# Animal free & Petroleum free products - any special labeling?



## RogueRose (Sep 17, 2015)

I'm wondering if any of you have any special labeling (graphic or wording) that designates products as either animal free and or petroleum free, I guess organic would also come into play here as well.  

Is there any special industry / commerce (national or global) for informing customers of these issues?


----------



## MrsSpaceship (Sep 17, 2015)

Animal Testing
	

	
	
		
		

		
			





If you're certified or just label appeal...

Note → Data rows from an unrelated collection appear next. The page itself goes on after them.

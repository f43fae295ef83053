-- ===== src/Descriptors/Wire.antt =====
-- The bytes of a descriptor in the protocol, independently of descriptors.rs: a tag, the
-- identifier, and the fields one after the other. A server writes them; the repository only reads.
use edgedb_rust.Base.{
  ℕ, ◌+◌, ◌-◌, ◌^◌, ◌<◌, ◌≤◌, ◌≡◌, Bool, true, false, if◌then◌else◌, List, ◌∷◌, ◌++◌, Option, none,
  some, length, All,
}
use edgedb_rust.Wire.{to_be_bytes}
use edgedb_rust.Wire.Encoder.Writes.{bytes_of_all}
use edgedb_rust.Wire.Encoding.RoundTrip.{IsU16, IsText, IsUuid, wire_bytes}
use edgedb_rust.Protocol.{ProtocolVersion, cardinality_u8, is_at_least}
use edgedb_rust.Descriptors.{
  Descriptor, set, object_shape, input_shape, base_scalar, scalar, tuple, named_tuple, array, range,
  enumeration, type_annotation, ShapeElement, TupleElement, TypePos,
}

abbrev pub flags_of : ShapeElement → ℕ
flags_of e =
    (if e.flag_implicit then 1 else 0)
    + (if e.flag_link_property then 2 else 0)
    + (if e.flag_link then 4 else 0)

-- The flags take four bytes where a cardinality follows, and one where none does.
unfoldable pub wire_flags : ShapeElement → List ℕ
wire_flags e = elim e.cardinality [
  | none ↦ to_be_bytes 1 (flags_of e)
  | some c ↦ to_be_bytes 4 (flags_of e) ++ to_be_bytes 1 (cardinality_u8 c)
]

abbrev pub wire_shape_element : ShapeElement → List ℕ
wire_shape_element e = wire_flags e ++ (wire_bytes e.name ++ to_be_bytes 2 e.type_pos)

abbrev pub wire_tuple_element : TupleElement → List ℕ
wire_tuple_element e = wire_bytes e.name ++ to_be_bytes 2 e.type_pos

abbrev pub wire_type_pos : TypePos → List ℕ
wire_type_pos t = to_be_bytes 2 t

abbrev pub wire_dimension : Option ℕ → List ℕ
wire_dimension none = to_be_bytes 4 (2 ^ 32 - 1)
wire_dimension (some n) = to_be_bytes 4 n

-- A count of two bytes, and what it counts.
abbrev pub wire_list : {A : Type 0} → (A → List ℕ) → List A → List ℕ
wire_list f xs = to_be_bytes 2 (length xs) ++ bytes_of_all f xs

unfoldable pub wire_descriptor : Descriptor → List ℕ
wire_descriptor (set d) = 0 ∷ (d.id ++ to_be_bytes 2 d.type_pos)
wire_descriptor (object_shape d) = 1 ∷ (d.id ++ wire_list wire_shape_element d.elements)
wire_descriptor (base_scalar d) = 2 ∷ d.id
wire_descriptor (scalar d) = 3 ∷ (d.id ++ to_be_bytes 2 d.base_type_pos)
wire_descriptor (tuple d) = 4 ∷ (d.id ++ wire_list wire_type_pos d.element_types)
wire_descriptor (named_tuple d) = 5 ∷ (d.id ++ wire_list wire_tuple_element d.elements)
wire_descriptor (array d) =
    6 ∷ (d.id ++ (to_be_bytes 2 d.type_pos ++ wire_list wire_dimension d.dimensions))
wire_descriptor (enumeration d) = 7 ∷ (d.id ++ wire_list wire_bytes d.members)
wire_descriptor (input_shape d) = 8 ∷ (d.id ++ wire_list wire_shape_element d.elements)
wire_descriptor (range d) = 9 ∷ (d.id ++ to_be_bytes 2 d.type_pos)
wire_descriptor (type_annotation d) = d.annotated_type ∷ (d.id ++ wire_bytes d.annotation)

abbrev pub is_some : {A : Type 0} → Option A → Bool
is_some none = false
is_some (some a) = true

-- An element has a cardinality from version 0.11 on.
abbrev pub IsShapeElement : ProtocolVersion → ShapeElement → Type 0
IsShapeElement p e = (is_some e.cardinality ≡ is_at_least p 0 11) × IsText e.name × IsU16 e.type_pos

abbrev pub IsTupleElement : TupleElement → Type 0
IsTupleElement e = IsText e.name × IsU16 e.type_pos

abbrev pub IsDimension : Option ℕ → Type 0
IsDimension none = Unit {0}
IsDimension (some n) = (0 < n) × (n < 2 ^ 31)

abbrev pub IsList : {A : Type 0} → (A → Type 0) → List A → Type 0
IsList P xs = IsU16 (length xs) × All P xs

-- What a descriptor on the wire can have in its fields.
unfoldable pub IsDescriptor : ProtocolVersion → Descriptor → Type 0
IsDescriptor p (set d) = IsUuid d.id × IsU16 d.type_pos
IsDescriptor p (object_shape d) = IsUuid d.id × IsList (IsShapeElement p) d.elements
IsDescriptor p (base_scalar d) = IsUuid d.id
IsDescriptor p (scalar d) = IsUuid d.id × IsU16 d.base_type_pos
IsDescriptor p (tuple d) = IsUuid d.id × IsList IsU16 d.element_types
IsDescriptor p (named_tuple d) = IsUuid d.id × IsList IsTupleElement d.elements
IsDescriptor p (array d) = IsUuid d.id × IsU16 d.type_pos × IsList IsDimension d.dimensions
IsDescriptor p (enumeration d) = IsUuid d.id × IsList IsText d.members
IsDescriptor p (input_shape d) = IsUuid d.id × IsList (IsShapeElement p) d.elements
IsDescriptor p (range d) = IsUuid d.id × IsU16 d.type_pos
IsDescriptor p (type_annotation d) =
    IsUuid d.id × (0x7F ≤ d.annotated_type) × (d.annotated_type ≤ 0xFF) × IsText d.annotation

um... can't help with the petroleum, I don't think I've ever seen a symbol for that.


----------



## snappyllama (Sep 17, 2015)

To call your soap organic, doesn't it have to be made in an organically certified facility? Just curious...


----------



## Stacy (Sep 18, 2015)

Just as an FYI those cruelty free logos are all part of programs that require registration and fees to use.
http://www.leapingbunny.org/
http://features.peta.org/cruelty-free-company-search/index.aspx
http://www.choosecrueltyfree.org.au/ccf-licensees-ccf-logo/

But thank you for this post which has reminded me to get my butt in gear to get the last few things in my house that aren't free of animal testing replaced!


----------



## RogueRose (Sep 18, 2015)

Thanks for the responses.  I wasn't even thinking about the testing aspect of the products but more of the ingredients such as not containing lard or tallow.  From seeing how some people are rather adverse to eating animal products, I would guess that they may have some similar feelings about products made by them, especially if it is a product which is to cleanse themselves wink

The petroleum is another issue as a lot of dish soaps use petro derived detergents. 

I wasn't planning on any specific organic labeling ATM as there seems to be to many hoops to jump through to be verified as such.  

If some oils used are organic, I'm wondering if stating something like "Contains some organic ingredients" would be acceptable or at least stating in the ingredients section that the oils are organic (ones that actually are).  

All in all, I know this doesn't really make a difference when it comes to how the soap functions but it is nice to know as down the road it may become useful should a specified product be required.


----------



## Sallyj (Sep 18, 2015)

Hi, my partners entire family are vegan so all the products we make are vegan too (they test for us) We looked into getting logos ie: bunny ect. We found however when we went through a list of companies using the logos that a lot of them had parent companies that did indeed test on animals so in my opinion the logos don't really hold much sway any more. We tend to write "Vegan Friendly" on ours and explain to people.


----------



## Stacy (Sep 18, 2015)

Sallyj said:


> ...a lot of them had parent companies that did indeed test on animals so in my opinion the logos don't really hold much sway any more. We tend to write "Vegan Friendly" on ours and explain to people.



Totally agree on this one. When you're dealing with multinational, billion dollar companies, they can get around an "I promise not to do this" agreement (which is more or less what most of those logo programs require) with ease.

One of the advantages to being a small business is that you get to talk to your customers so I think that this is the best approach anyway.


----------



## lsg (Sep 18, 2015)

You can just state that no animal or petroleum products have been used.


----------



## not_ally (Sep 18, 2015)

RogueRose said:


> T
> 
> If some oils used are organic, I'm wondering if stating something like "Contains some organic ingredients" would be acceptable or at least stating in the ingredients section that the oils are organic (ones that actually are).



I would only do that if the oils were officially certified as organic - maybe this is an obvious statement - but so many things seem to be labeled organic which actually aren't certified as such.  I don't know if it's even worth the labeling space unless you are actually going to the bother of certifying the whole soap as organic.  I would also be worried that it might make people say "what *isn't organic*, if some things are?", and then have to get into that whole organic-non/all natural-non discussion.


----------



## penelopejane (Dec 10, 2015)

RogueRose said:


> I'm wondering if any of you have any special labeling (graphic or wording) that designates products as either animal free and or petroleum free, I guess organic would also come into play here as well.
> 
> Is there any special industry / commerce (national or global) for informing customers of these issues?




Don't know if this is too late for you but the Naples soap company just adds "organic" to the label list if something is organic.  Organic olive oil etc

I think vegan, Palm free, petroleum free and all natural are easily understood.


----------



## The Efficacious Gentleman (Dec 10, 2015)

penelopejane said:


> Don't know if this is too late for you but the Naples soap company just adds "organic" to the label list if something is organic.  Organic olive oil etc
> 
> I think vegan, Palm free, petroleum free and all natural are easily understood.



Is it certified organic, or are they just choosing that themselves?


----------